Во всякое прошедшее время было то, что мы вспоминаем не только с ужасом, но и с негодованием. Мы читаем описания правежей, сжиганий за ереси, пыток, военных поселений, палок и гоняний сквозь строй, и не столько ужасаемся перед жестокостью людей, но не можем себе представить даже душевного состояния тех людей, которые это делали. Что было в душе человека, который вставал с постели, умывшись, одевшись в боярскую одежду, помолившись Богу, шел в застенок выворачивать суставы и бить кнутом стариков, женщин и проводил за этим занятием свои обычные пять часов, как теперешний чиновник в сенате; ворочался в семью и спокойно садился за обед, а потом читал священное писание? Что было в душе тех полковых и ротных командиров (я знал одного такого), который накануне с красавицей танцевал мазурку на бале и уезжал раньше, чтобы на завтра рано утром распорядиться прогонянием насмерть сквозь строй бежавшего солдата-татарина, засекал этого человека и возвращался обедать в семью? Ведь все это было и при Петре, и при Екатерине, и при Александре, и при Николае. Не было времени, в которое бы не было тех страшных дел, которые мы, читая их, не можем понять. Не можем понять того, как могли люди не видеть тех ужасов, которые они делали, не видеть, если уж не зверской бесчеловечности тех ужасов, то бессмысленности их. Во все времена это было. Неужели наше время такое особенно счастливое, что у нас нет таких ужасов, нет таких поступков, которые будут казаться столь же непонятными нашим потомкам? Такие же дела, такие же ужасы есть, мы только не видим их, как не видели ужаса своих ужасов наши предки. Нам ясна теперь не только жестокость, но и бессмысленность сжигания еретиков и пыток судейских для узнавания истины. Ребенок видит бессмысленность этого. Но люди того времени не видели этого. Умные, ученые люди утверждали, что пытки – необходимое условие жизни людей, что это тяжело, но без этого нельзя. То же с палками, с рабством. И прошло время, и нам трудно представить себе то состояние людей, при котором возможно было такое грубое заблуждение. Но это было во все времена, поэтому должно быть и в наше время, и мы должны быть также ослеплены на счет своих ужасов.
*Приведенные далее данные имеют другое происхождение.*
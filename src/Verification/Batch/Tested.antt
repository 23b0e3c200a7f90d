-- ===== src/Verification/Batch/Tested.antt =====
-- Where the verified fingerprint of a batch's gate comes from.
use mini_code_agent_langgrap.Prelude.{
  ◌≡◌, refl, sym, ◌∙◌, ap, subst, true, List, [], ◌∷◌, String, Result, ok, err, ◌==◌, contains,
  is_empty, is_zero, eq_iff, arith, Bool-cases, inl, inr, ◌⊎◌,
}
use mini_code_agent_langgrap.Contracts.{ToolResult}
use mini_code_agent_langgrap.Verification.Gate.{
  VerificationGate, sync, record_test, submission_error,
}
use mini_code_agent_langgrap.Verification.Calls.{
  ToolCall, Call, normalize_calls, demand_verification, judge, lose_workspace,
  potentially_mutating_tools, any_submit,
}
use mini_code_agent_langgrap.Verification.Batch.{
  Host, BatchState, begin, after_capture, settle, execute_call, run_call, first_pass, run_calls,
  decide_at, decide, execute_tool_batch,
}

-- The call is a test that passed, after which the workspace had the fingerprint.
abbrev TestPassed : {W : Type 0} → Host W → String → Call → BatchState W → String → Type 0
TestPassed host error call s fp =
    (is_empty error ≡ true)
    × (call.name ≡ "run_tests")
    × (is_zero (run_call host call s).0.returncode ≡ true)
    × ((host.capture (execute_call host call s.world).1).0 ≡ ok fp)

-- One of the calls, run one after the other from `s`, is such a test; `error` is that of the first
-- capture, which is empty where there is none.
abbrev Tested : {W : Type 0} → Host W → String → List Call → BatchState W → String → Type 0
Tested host error [] s fp = ⊥
Tested host error (call ∷ rest) s fp =
    TestPassed host error call s fp ⊎ Tested host error rest (first_pass host error call s).1 fp

-- One of a batch's calls was a test that passed, after which the workspace had the fingerprint.
abbrev pub TestedIn : {W : Type 0} → Host W → List ToolCall → VerificationGate → W → String → Type 0
TestedIn host tool_calls gate w fp =
    let (error, s) = begin gate (host.capture w) in
    Tested host error (normalize_calls 0 tool_calls) s fp

demand_verification-verified :
    (name : String) (result : ToolResult) (gate : VerificationGate)
    → (demand_verification name result gate).verified_fingerprint ≡ gate.verified_fingerprint
unfolding demand_verification
demand_verification-verified name result gate = ground arith

judge-verified :
    (name : String) (result : ToolResult) (gate : VerificationGate) (fp : String)
    → let (result', gate') = judge name result gate fp in
      ((gate'.verified_fingerprint ≡ gate.verified_fingerprint) ⊎ (gate'.verified_fingerprint ≡ ""))
      ⊎ (((name == "run_tests") ≡ true)
          × (is_zero result'.returncode ≡ true)
          × (gate'.verified_fingerprint ≡ fp))
unfolding judge sync record_test
judge-verified name result gate fp = ground arith

-- The verified fingerprint of the state after a call is the old one `before`, or it was cleared, or the
-- call is a test that passed, and `captured` is the capture after it.
abbrev Judged : {W : Type 0} → String → String → Result String → ToolResult × BatchState W → Type 0
Judged name before captured (result, s) =
    ((s.gate.verified_fingerprint ≡ before) ⊎ (s.gate.verified_fingerprint ≡ ""))
    ⊎ (((name == "run_tests") ≡ true)
        × (is_zero result.returncode ≡ true)
        × (captured ≡ ok s.gate.verified_fingerprint))

module _ {W : Type 0} where
  after_capture-Judged :
      (name : String) (result : ToolResult) (gate : VerificationGate) (old : String)
      (p : Result String × W)
      → Judged name gate.verified_fingerprint p.0 (after_capture name result gate old p)
  unfolding after_capture lose_workspace
  after_capture-Judged name result gate old (err e, w) = inl (inr refl)
  after_capture-Judged name result gate old (ok fp, w) = elim (judge-verified name result gate fp) [
    | inl kept ↦ inl kept
    | inr (tests, passed, e) ↦ inr (tests, passed, ap ok (sym e))
  ]

module _ {W : Type 0} (host : Host W) where
  settle-Judged :
      (name : String) (result : ToolResult) (gate : VerificationGate) (old : String) (w : W)
      → Judged name gate.verified_fingerprint
          (host.capture w).0
          (settle host name result gate old w)
  unfolding settle
  settle-Judged name result gate old w =
      let demanded = demand_verification name result gate in
      let same = demand_verification-verified name result gate in
      elim (Bool-cases (contains name potentially_mutating_tools)) [
        | inl e ↦ rw e (
            subst
              (λ v.
                Judged name v (host.capture w).0
                  (after_capture name result demanded old (host.capture w)))
              same (after_capture-Judged name result demanded old (host.capture w)))
        | inr e ↦ rw e (elim (after_capture-Judged name result demanded old (ok old, w)) [
          | inl (inl kept) ↦ inl (inl (kept ∙ same))
          | inl (inr cleared) ↦ inl (inr cleared)
          | inr (tests, _, _) ↦ absurd (ground arith)
        ])
      ]

  -- The verified fingerprint that calls leave: an old one, none, or that of one of them.
  abbrev Minted : String → List Call → BatchState W → String → Type 0
  Minted error calls s fp =
      ((fp ≡ s.gate.verified_fingerprint) ⊎ (fp ≡ "")) ⊎ Tested host error calls s fp

  first_pass-Minted :
      (error : String) (call : Call) (s : BatchState W)
      → let fp = (first_pass host error call s).1.gate.verified_fingerprint in
        ((fp ≡ s.gate.verified_fingerprint) ⊎ (fp ≡ "")) ⊎ TestPassed host error call s fp
  unfolding first_pass run_call
  first_pass-Minted error call s = elim (Bool-cases (call.name == "submit")) [
    | inl e ↦ rw e (inl (inl refl))
    | inr e ↦ rw e (elim (Bool-cases (is_empty error)) [
      | inr f ↦ rw f (inl (inl refl))
      | inl f ↦
          let p : ToolResult × W = execute_call host call s.world in
          rw f (elim (settle-Judged call.name p.0 s.gate s.current_fingerprint p.1) [
            | inl kept ↦ inl kept
            | inr (tests, passed, captured) ↦
                inr (refl, (eq_iff call.name "run_tests").0 tests, passed, captured)
          ])
    ])
  ]

  run_calls-Minted :
      (error : String) (calls : List Call) (s : BatchState W)
      → Minted error calls s (run_calls host error calls s).1.gate.verified_fingerprint
  unfolding run_calls
  run_calls-Minted error [] s = inl (inl refl)
  run_calls-Minted error (call ∷ rest) s =
      let s1 : BatchState W = (first_pass host error call s).1 in
      elim (run_calls-Minted error rest s1) [
        | inr later ↦ inr (inr later)
        | inl (inr cleared) ↦ inl (inr cleared)
        | inl (inl same) ↦ elim (first_pass-Minted error call s) [
          | inl (inl kept) ↦ inl (inl (same ∙ kept))
          | inl (inr cleared) ↦ inl (inr (same ∙ cleared))
          | inr passed ↦ inr (inl (subst (TestPassed host error call s) (sym same) passed))
        ]
      ]

  decide-verified :
      (calls : List Call) (s : BatchState W)
      → (decide host calls s).1.gate.verified_fingerprint ≡ s.gate.verified_fingerprint
  unfolding decide decide_at submission_error sync
  decide-verified calls s = elim (Bool-cases (any_submit calls)) [
    | inl e ↦ rw e (at (host.capture s.world))
    | inr e ↦ rw e refl
  ]
    where
      at :
          (p : Result String × W)
          → (decide_at s p).1.gate.verified_fingerprint ≡ s.gate.verified_fingerprint
      at (ok fp, w) = refl
      at (err e, w) = refl

  begin-verified :
      (gate : VerificationGate) (p : Result String × W)
      → let fp = (begin gate p).1.gate.verified_fingerprint in
        (fp ≡ gate.verified_fingerprint) ⊎ (fp ≡ "")
  unfolding begin sync lose_workspace
  begin-verified gate (ok fp, w) = inl refl
  begin-verified gate (err e, w) = inr refl

  pub execute_tool_batch-Minted :
      (tool_calls : List ToolCall) (gate : VerificationGate) (w : W)
      → let fp = (execute_tool_batch host tool_calls gate w).1.verified_fingerprint in
        ((fp ≡ gate.verified_fingerprint) ⊎ (fp ≡ "")) ⊎ TestedIn host tool_calls gate w fp
  unfolding execute_tool_batch
  execute_tool_batch-Minted tool_calls gate w =
      let calls = normalize_calls 0 tool_calls in
      let (error, s) = begin gate (host.capture w) in
      let (results, s1) = run_calls host error calls s in
      let kept = decide-verified calls s1 in
      elim (run_calls-Minted error calls s) [
        | inr tested ↦ inr (subst (Tested host error calls s) (sym kept) tested)
        | inl (inr cleared) ↦ inl (inr (kept ∙ cleared))
        | inl (inl same) ↦ elim (begin-verified gate (host.capture w)) [
          | inl carried ↦ inl (inl (kept ∙ same ∙ carried))
          | inr cleared ↦ inl (inr (kept ∙ same ∙ cleared))
        ]
      ]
Где наши пытки, наше рабство, наши палки? Нам кажется, что их нет, что это было прежде, но теперь прошло. Нам кажется это оттого, что не хотим понять старого и старательно закрываем на него глаза.

Но если мы вглядимся в прошедшее, нам откроется и наше настоящее положение и причины его.
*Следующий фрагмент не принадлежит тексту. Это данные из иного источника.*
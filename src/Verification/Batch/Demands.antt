-- ===== src/Verification/Batch/Demands.antt =====
-- An approved, successful call of a tool that may change files makes the batch ask for verification:
-- the gate that the batch returns demands it.
use mini_code_agent_langgrap.Prelude.{
  ◌≡◌, ◌≢◌, refl, subst, true, false, not, ◌&&◌, List, [], ◌∷◌, Option, none, some, String, Result,
  ok, err, ◌==◌, contains, is_empty, is_zero, eq_iff, All, arith, Bool-cases, inl, inr, ◌⊎◌,
}
use mini_code_agent_langgrap.Contracts.{ToolResult, ExecutedToolCall}
use mini_code_agent_langgrap.Verification.Gate.{
  VerificationGate, SubmissionError, sync, record_test, submission_error,
}
use mini_code_agent_langgrap.Verification.Calls.{
  ToolCall, Call, normalize_calls, is_edit, is_handoff_broken, demand_verification, check_handoff,
  judge, lose_workspace, potentially_mutating_tools, any_submit, tool_exception_result,
}
use mini_code_agent_langgrap.Verification.Batch.{
  Host, BatchState, begin, after_capture, settle, execute_call, run_call, first_pass, run_calls,
  decide_at, decide, submit_call, submit_calls, execute_tool_batch,
}
use mini_code_agent_langgrap.Verification.Batch.Order.{Fits, outcome-calls, run_calls-Fits}

abbrev pub Requires : VerificationGate → Type 0
Requires gate = gate.require_verification ≡ true

judge-Requires :
    (name : String) (result : ToolResult) (gate : VerificationGate) (fp : String)
    → (judge name result gate fp).1.require_verification ≡ gate.require_verification
unfolding judge sync record_test
judge-Requires name result gate fp = ground arith

check_handoff-is_edit :
    (name : String) (result : ToolResult) (fp : String)
    → is_edit name (check_handoff result fp) ≡ true
    → is_edit name result ≡ true
unfolding check_handoff is_edit
check_handoff-is_edit name result fp h = elim (Bool-cases (is_handoff_broken result fp)) [
  | inl e ↦ absurd (ground (arith, contains name potentially_mutating_tools))
  | inr e ↦ rw e at h
]

judge-is_edit :
    (name : String) (result : ToolResult) (gate : VerificationGate) (fp : String)
    → is_edit name (judge name result gate fp).0 ≡ true
    → is_edit name result ≡ true
unfolding judge
judge-is_edit name result gate fp h = elim (Bool-cases (name == "run_tests")) [
  | inr e ↦ rw e at h
  | inl e ↦ check_handoff-is_edit name result fp (rw e at h)
]

-- An edit's result leaves a gate that requires verification.
abbrev pub Demands : String → ToolResult → VerificationGate → Type 0
Demands name result gate = is_edit name result ≡ true → Requires gate

-- The first loop's result for a call, if it has one, demands as an edit does.
abbrev DemandsFirst : Call → Option ToolResult → VerificationGate → Type 0
DemandsFirst call none gate = Unit
DemandsFirst call (some result) gate = Demands call.name result gate

blocked-Demands :
    (name exception_info output : String) (gate : VerificationGate)
    → Demands name (tool_exception_result name exception_info output) gate
unfolding is_edit tool_exception_result
blocked-Demands name exception_info output gate h = absurd (ground arith)

demand_verification-Requires :
    (name : String) (result : ToolResult) (gate : VerificationGate)
    → Requires gate ⊎ (is_edit name result ≡ true)
    → Requires (demand_verification name result gate)
unfolding demand_verification
demand_verification-Requires name result gate h = ground arith

module _ {W : Type 0} where
  after_capture-Requires :
      (name : String) (result : ToolResult) (gate : VerificationGate) (old : String)
      (p : Result String × W)
      → (after_capture name result gate old p).1.gate.require_verification
        ≡ gate.require_verification
  unfolding after_capture lose_workspace
  after_capture-Requires name result gate old (ok fp, w) = judge-Requires name result gate fp
  after_capture-Requires name result gate old (err e, w) = refl

  after_capture-is_edit :
      (name : String) (result : ToolResult) (gate : VerificationGate) (old : String)
      (p : Result String × W)
      → is_edit name (after_capture name result gate old p).0 ≡ true
      → is_edit name result ≡ true
  unfolding after_capture
  after_capture-is_edit name result gate old (ok fp, w) h = judge-is_edit name result gate fp h
  after_capture-is_edit name result gate old (err e, w) h =
      cc (blocked-Demands name _ _ (record gate { require_verification = false }) h)

module _ {W : Type 0} (host : Host W) where
  settle-Requires :
      (name : String) (result : ToolResult) (gate : VerificationGate) (old : String) (w : W)
      → Requires gate ⊎ (is_edit name (settle host name result gate old w).0 ≡ true)
      → Requires (settle host name result gate old w).1.gate
  unfolding settle
  settle-Requires name result gate old w h =
      elim (Bool-cases (contains name potentially_mutating_tools)) [
        | inl e ↦ rw e (
            rw after_capture-Requires (
              demand_verification-Requires name result gate (elim h [
                | inl r ↦ inl r
                | inr d ↦ inr (after_capture-is_edit name result _ old (host.capture w) (rw e at d))
              ])))
        | inr e ↦ rw e (
            rw after_capture-Requires (
              demand_verification-Requires name result gate (elim h [
                | inl r ↦ inl r
                | inr d ↦ inr (after_capture-is_edit name result _ old (ok old, w) (rw e at d))
              ])))
      ]

  run_call-Requires :
      (call : Call) (s : BatchState W)
      → Requires s.gate ⊎ (is_edit call.name (run_call host call s).0 ≡ true)
      → Requires (run_call host call s).1.gate
  unfolding run_call
  run_call-Requires call s h =
      let p : ToolResult × W = execute_call host call s.world in
      settle-Requires call.name p.0 s.gate s.current_fingerprint p.1 h

  first_pass-Requires :
      (error : String) (call : Call) (s : BatchState W)
      → let (o, s') = first_pass host error call s in
        (Requires s.gate → Requires s'.gate) × DemandsFirst call o s'.gate
  unfolding first_pass
  first_pass-Requires error call s = elim (Bool-cases (call.name == "submit")) [
    | inl e ↦ rw e (λ h. h, tt)
    | inr e ↦ rw e (elim (Bool-cases (is_empty error)) [
      | inl f ↦ rw f (λ h. run_call-Requires call s (inl h), λ d. run_call-Requires call s (inr d))
      | inr f ↦ rw f (λ h. h, blocked-Demands call.name "WorkspaceFingerprintError" error s.gate)
    ])
  ]

abbrev AllFirst : List Call → List (Option ToolResult) → VerificationGate → Type 0
AllFirst (call ∷ calls) (o ∷ results) gate = DemandsFirst call o gate × AllFirst calls results gate
AllFirst _ _ gate = Unit

DemandsFirst-mono :
    (call : Call) (o : Option ToolResult) (g g' : VerificationGate)
    → (Requires g → Requires g')
    → DemandsFirst call o g
    → DemandsFirst call o g'
DemandsFirst-mono call none g g' f h = tt
DemandsFirst-mono call (some r) g g' f h = λ e. f (h e)

is_edit-submit :
    (name : String) (result : ToolResult) → (name == "submit") ≡ true → is_edit name result ≢ true
unfolding is_edit
is_edit-submit name result h e = cc (
    subst
      (λ x.
        (contains x potentially_mutating_tools
          && (is_zero result.returncode
              && (result.approved && not (result.exception_info == "ReadOnlyChatMode"))))
        ≡ true)
      ((eq_iff name "submit").0 h) e)

-- Every edit among the executed calls demands.
abbrev pub AllDemand : List ExecutedToolCall → VerificationGate → Type 0
AllDemand executed gate =
    All (λ (call : ExecutedToolCall). Demands call.name call.result gate) executed

module _ {W : Type 0} (host : Host W) where
  run_calls-Requires :
      (error : String) (calls : List Call) (s : BatchState W)
      → let (results, s') = run_calls host error calls s in
        (Requires s.gate → Requires s'.gate) × AllFirst calls results s'.gate
  unfolding run_calls
  run_calls-Requires error [] s = (λ h. h, tt)
  run_calls-Requires error (call ∷ rest) s =
      let p : Option ToolResult × BatchState W = first_pass host error call s in
      let (keep, demand) = first_pass-Requires host error call s in
      let (keep_rest, demand_rest) = run_calls-Requires error rest p.1 in
      (
        λ h. keep_rest (keep h),
        (
          DemandsFirst-mono call p.0 p.1.gate (run_calls host error rest p.1).1.gate keep_rest
              demand,
          demand_rest,
        ),
      )

  decide_at-Requires :
      (s : BatchState W) (p : Result String × W) → Requires s.gate → Requires (decide_at s p).1.gate
  unfolding decide_at submission_error sync
  decide_at-Requires s (ok fp, w) h = h
  decide_at-Requires s (err e, w) h = h

  decide-Requires :
      (calls : List Call) (s : BatchState W)
      → Requires s.gate
      → Requires (decide host calls s).1.gate
  unfolding decide
  decide-Requires calls s h = elim (Bool-cases (any_submit calls)) [
    | inl e ↦ rw e (decide_at-Requires s (host.capture s.world) h)
    | inr e ↦ rw e h
  ]

  submit_calls-AllDemand :
      (refusal : Option SubmissionError) (calls : List Call) (results : List (Option ToolResult))
      (w : W) (g g' : VerificationGate)
      → (Requires g → Requires g')
      → Fits calls results
      → AllFirst calls results g
      → AllDemand (submit_calls host refusal calls results w).0 g'
  unfolding submit_calls
  submit_calls-AllDemand o [] [] w g g' f h d = tt
  submit_calls-AllDemand o [] (r ∷ rs) w g g' f h d = absurd h
  submit_calls-AllDemand o (c ∷ cs) [] w g g' f h d = absurd h
  submit_calls-AllDemand o (c ∷ cs) (none ∷ rs) w g g' f h d =
      let p : ToolResult × W = submit_call host o c w in
      (
        λ e. absurd (is_edit-submit c.name p.0 h.0 e),
        submit_calls-AllDemand o cs rs p.1 g g' f h.1 d.1,
      )
  submit_calls-AllDemand o (c ∷ cs) (some r ∷ rs) w g g' f h d =
      (λ e. f (d.0 e), submit_calls-AllDemand o cs rs w g g' f h.1 d.1)

  pub execute_tool_batch-AllDemand :
      (tool_calls : List ToolCall) (gate : VerificationGate) (w : W)
      → let (batch, gate', _) = execute_tool_batch host tool_calls gate w in
        AllDemand batch.calls gate'
  unfolding execute_tool_batch
  execute_tool_batch-AllDemand tool_calls gate w =
      let calls = normalize_calls 0 tool_calls in
      let (error, s) = begin gate (host.capture w) in
      let (results, s1) = run_calls host error calls s in
      let (refusal, s2) = decide host calls s1 in
      rw outcome-calls (
        submit_calls-AllDemand refusal calls results s2.world s1.gate s2.gate
          (decide-Requires calls s1) (run_calls-Fits host error calls s)
          (run_calls-Requires error calls s).1)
Если мы не будем говорить: зачем поминать, а посмотрим внимательно на то, что делалось прежде, то мы поймем и увидим то, что делается теперь.
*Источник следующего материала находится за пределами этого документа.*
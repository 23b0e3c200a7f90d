-- ===== src/Verification/Batch/Edits.antt =====
-- A batch that submits an edit was verified, at the fingerprint of the workspace.
use mini_code_agent_langgrap.Prelude.{◌≡◌, true, List, [], ◌∷◌, String, Result, ok, All, arith, ◌⊎◌}
use mini_code_agent_langgrap.Contracts.{ExecutedToolCall}
use mini_code_agent_langgrap.Verification.Gate.{VerificationGate}
use mini_code_agent_langgrap.Verification.Calls.{ToolCall, is_edit}
use mini_code_agent_langgrap.Verification.Batch.{Host, execute_tool_batch}
use mini_code_agent_langgrap.Verification.Batch.Cleared.{
  IsCleared, before_submit, execute_tool_batch-IsCleared,
}
use mini_code_agent_langgrap.Verification.Batch.Tested.{TestedIn, execute_tool_batch-Minted}
use mini_code_agent_langgrap.Verification.Batch.Demands.{AllDemand, execute_tool_batch-AllDemand}

module _ {W : Type 0} (host : Host W) where
  verified_of_demand :
      (Passed : String → Type 0) (gate : VerificationGate) (p : Result String × W) (w' : W)
      (executed : List ExecutedToolCall)
      → p ≡ (ok gate.current_fingerprint, w')
      → Passed gate.verified_fingerprint
      → IsCleared gate
      → AllDemand executed gate
      → All
          (λ (call : ExecutedToolCall).
            is_edit call.name call.result ≡ true
            → (w'' : W) × (p ≡ (ok gate.verified_fingerprint, w''))
              × Passed gate.verified_fingerprint)
          executed
  verified_of_demand Passed gate p w' [] e passed c d = tt
  verified_of_demand Passed gate p w' (call ∷ rest) e passed c d = (
    λ edit. let required = d.0 edit in (w', ground arith, passed),
    verified_of_demand Passed gate p w' rest e passed c d.1,
  )

  -- If a batch submits and one of its calls was an approved, successful call of a tool that may
  -- change files, then the fingerprint of the workspace, captured after all calls but the submit
  -- calls, is the verified one of the gate that the batch returns, and this fingerprint is empty, or the
  -- gate had it as the verified one before the batch, or a `run_tests` call of the batch passed and the
  -- capture right after that call gave it.
  pub execute_tool_batch_verified :
      (tool_calls : List ToolCall) (gate : VerificationGate) (w : W)
      → let (batch, gate', _) = execute_tool_batch host tool_calls gate w in
        batch.submitted ≡ true
        → All
            (λ (call : ExecutedToolCall).
              is_edit call.name call.result ≡ true
              → (w' : W) × (host.capture (before_submit host tool_calls gate w).world
                  ≡ (ok gate'.verified_fingerprint, w'))
                × (((gate'.verified_fingerprint ≡ gate.verified_fingerprint)
                      ⊎ (gate'.verified_fingerprint ≡ ""))
                    ⊎ TestedIn host tool_calls gate w gate'.verified_fingerprint))
            batch.calls
  execute_tool_batch_verified tool_calls gate w h =
      let (w', e, c) = execute_tool_batch-IsCleared host tool_calls gate w h in
      verified_of_demand
        (λ fp. ((fp ≡ gate.verified_fingerprint) ⊎ (fp ≡ "")) ⊎ TestedIn host tool_calls gate w fp)
        (execute_tool_batch host tool_calls gate w).1 _ w' _ e
        (execute_tool_batch-Minted host tool_calls gate w) c
        (execute_tool_batch-AllDemand host tool_calls gate w)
Если нам ясно, что нелепо и жестоко рубить головы на плахе и узнавать истину от людей посредством выворачивания их костей, то так же ясно станет и то, что так же, если еще не более, нелепо и жестоко вешать людей или сажать их в одиночное заключение, равное или худшее смерти.

Если мы только перестанем закрывать глаза на прошедшее и говорить: зачем поминать старое? – нам ясно станет, что в наше время есть точно такие же ужасы, только в новых формах.

Мы говорим: все это прошло; прошло, и теперь уже нет пыток, нет рабства, нет забиваний насмерть палками и др. – но ведь это только так кажется! Триста тысяч человек в острогах и арестантских ротах сидят запертые в тесных вонючих помещениях и умирают медленной телесной и нравственной смертью. Жены и дети их брошены без пропитания, а этих людей держат в вертепах разврата, острогах и арестантских ротах!

Не нужно иметь особой проницательности, чтобы видеть, что и наше время полно теми же ужасами, теми же пытками, которые для следующих поколений будут так же удивительны по своей жестокости и нелепости. Болезнь все та же, и болезнь не тех, которые пользуются этими ужасами. Пускай бы они пользовались в 100 и в 1000 раз больше. Пускай устраивали бы башни, театры, балы, обирали бы народ, только бы они делали это сами, только бы они не развращали народ, не обманывали его, заставляя его участвовать в этом, как старого солдата».